Jun 28, 2021 - World

U.S. airstrikes reignite debate over Iraq war powers

Black and white surveillance photo of a drone facility

A drone facility allegedly used by Iran-backed militias on the Iraq-Syria border, moments before an airstrike. Screenshot of video via U.S. Central Command.

The U.S. launched airstrikes Sunday night against three facilities on the Iraq-Syria border, which the Pentagon says Iran-backed militias have been using to carry out drone attacks on U.S. personnel.

Why it matters: The Washington Post reported last month that U.S. officials were growing increasingly alarmed by the use of small, low-flying drones — rather than traditional rocket fire — to covertly strike U.S. targets in Iraq.

The Biden administration seriously considered taking military action in April after an explosive-laden drone targeted a CIA hangar in Irbil, according to the Post, but ultimately declined.

  • A recent spate of attacks appears to have changed the calculus on what officials believe is currently the biggest threat to the military mission in Iraq.

Zoom in: Last night's strike marks the second time since taking office that President Biden has approved a "defensive" operation against Iran-backed militias in the region, and it comes just two weeks after the House voted to repeal the 2002 Authorization for the Use of Military Force (AUMF) in Iraq — a move Biden supports.

In a statement disclosing the airstrikes, Pentagon spokesperson John Kirby cited Biden's "Article II authority to protect U.S. personnel in Iraq" as justification for the attack, rather than the AUMF. But not everyone's satisfied.

  • "I’m just as worried about the expansion of Article II authority interpretation as I am about the expansion of existing AUMF interpretation,” Sen. Chris Murphy (D-Conn.) told Politico.
  • Murphy, an influential voice on foreign policy in the Democratic Party, warned that the fighting between U.S. forces and Iranian proxies is beginning to look like "low-scale war," and he said Biden should consider asking Congress for a new authorization.
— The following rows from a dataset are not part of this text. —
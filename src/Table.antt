-- ===== src/Table.antt =====
-- src/name_server/hash_table.h: the chained table of `HT_SIZE` buckets with the djb2 hash.
-- The array is a function of the index and a chain is a list of items, newest first. A table
-- pointer is never NULL: `main` creates both tables before it accepts a connection.
pub mod Laws
mod Witnesses
mod Tests
use lang_os_distributed_file.Base.{
  ℕ, ◌+◌, ◌-◌, ◌*◌, ◌%◌, ◌^◌, List, [], ◌∷◌, Option, none, some, Text, Run, ok, fault, blocked,
  and_then, strcpy, str_eq, ltb, ◌==◌, if◌then◌else◌,
}

abbrev pub ht_size : ℕ
ht_size = 1024

pub record HtItem {ℓ} (V : Type ℓ) : Type ℓ where
  pub key : Text
  pub value : V

pub record HashTable {ℓ} (V : Type ℓ) : Type ℓ where
  pub buckets : ℕ → List (HtItem V)

-- `int c = *str++`: a `char` is signed, and `c` is added to an unsigned long of 64 bits.
abbrev pub sign_extend : ℕ → ℕ
sign_extend c = if ltb c 128 then c else c + (2 ^ 64 - 256)

-- The loop of `hash_function`; `(hash << 5) + hash` wraps at 64 bits.
pub hash_loop : ℕ → Text → ℕ
hash_loop hash [] = hash
hash_loop hash (c ∷ str) = hash_loop ((hash * 32 + hash + sign_extend c) % 2 ^ 64) str

unfoldable pub hash_function : Text → ℕ
unfolding hash_loop
hash_function str = hash_loop 5381 str % ht_size

module _ {ℓ} {V : Type ℓ} where
  unfoldable pub ht_create : HashTable V
  ht_create = record { buckets = λ i. [] }

  -- table->buckets[index] = chain
  pub set_bucket : HashTable V → ℕ → List (HtItem V) → HashTable V
  set_bucket table index chain = record {
    buckets = λ i. if i == index then chain else table.buckets i;
  }

  unfoldable pub ht_insert : HashTable V → Text → V → Run (HashTable V)
  unfolding set_bucket
  ht_insert table key value =
      let index = hash_function key in
      and_then (strcpy 100 key) λ copy.
        ok (set_bucket table index (record { key = copy; value = value } ∷ table.buckets index))

  -- The loop of `ht_search`.
  unfoldable pub search_chain : Text → List (HtItem V) → Option V
  search_chain key [] = none
  search_chain key (item ∷ chain) =
      if str_eq item.key key then some item.value else search_chain key chain

  unfoldable pub ht_search : HashTable V → Text → Option V
  unfolding search_chain
  ht_search table key = search_chain key (table.buckets (hash_function key))

  -- The loop of `ht_delete` unlinks the first item with the key.
  pub unlink_item : Text → List (HtItem V) → List (HtItem V)
  unlink_item key [] = []
  unlink_item key (item ∷ chain) =
      if str_eq item.key key then chain else item ∷ unlink_item key chain

  unfoldable pub ht_delete : HashTable V → Text → HashTable V
  unfolding unlink_item set_bucket
  ht_delete table key =
      let index = hash_function key in
      set_bucket table index (unlink_item key (table.buckets index))
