-- ===== src/Ical/Dates/Laws.antt =====
-- crates/mgmt-ical/src/value.rs: date-times are read back.
use mgmtui.Base.{◌≡◌, refl, Text, Option, none, some, [], ◌∷◌, ◌++◌, All-append}
use mgmtui.Base.Chars.{is_white, split_last-snoc}
use mgmtui.Base.Utf8.{IsPlainText, trim_utf8-IsPlainText}
use mgmtui.Domain.Instant.{Instant}
use mgmtui.Ical.Dates.{Dates, format_datetime, strip_z, parse_datetime_tz, parse_datetime}

-- The date library prints the instant as a time of single-byte characters with a `Z`, and reads that
-- time back: so it is for instants in whole seconds and years of four digits.
abbrev pub Survives : Dates → Instant → Type 0
Survives dates t =
    (b : Text) × (dates.format_utc t ≡ b ++ (b'Z' ∷ []))
    × (dates.read_time b ≡ some t)
    × IsPlainText b

-- A UTC date-time that the date library can read back is read back in any zone.
pub parse_datetime_tz-format_datetime :
    (dates : Dates) (t : Instant) (tzid : Option Text)
    → Survives dates t
    → parse_datetime_tz dates (format_datetime dates t) tzid ≡ some t
unfolding parse_datetime_tz strip_z is_white
parse_datetime_tz-format_datetime dates t tzid (b, e, back, plain) =
    let same =
      trim_utf8-IsPlainText (b ++ (b'Z' ∷ []))
        (All-append _ b (b'Z' ∷ []) plain ((refl, refl), tt)) in
    rw e (rw (same, parse_datetime_tz) (rw (split_last-snoc b b'Z', strip_z) back))

pub parse_datetime-format_datetime :
    (dates : Dates) (t : Instant)
    → Survives dates t
    → parse_datetime dates (format_datetime dates t) ≡ some t
unfolding parse_datetime
parse_datetime-format_datetime dates t h = parse_datetime_tz-format_datetime dates t none h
Sen. Jim Inhofe (R-Okla.), the top Republican on the Senate Armed Services Committee, applauded the strike but called it "overdue" and an example of the "continued need" for the 2002 AUMF.

  • Inhofe added that while he currently opposes repealing the 2002 AUMF, Congress should consider a "comprehensive replacement" to address the "ongoing threat" that Iran-backed militias pose to U.S. troops.

The Iraqi government, meanwhile, called the airstrike a "blatant and unacceptable violation of Iraqi sovereignty," condemning the idea that its country should be an "arena for settling accounts."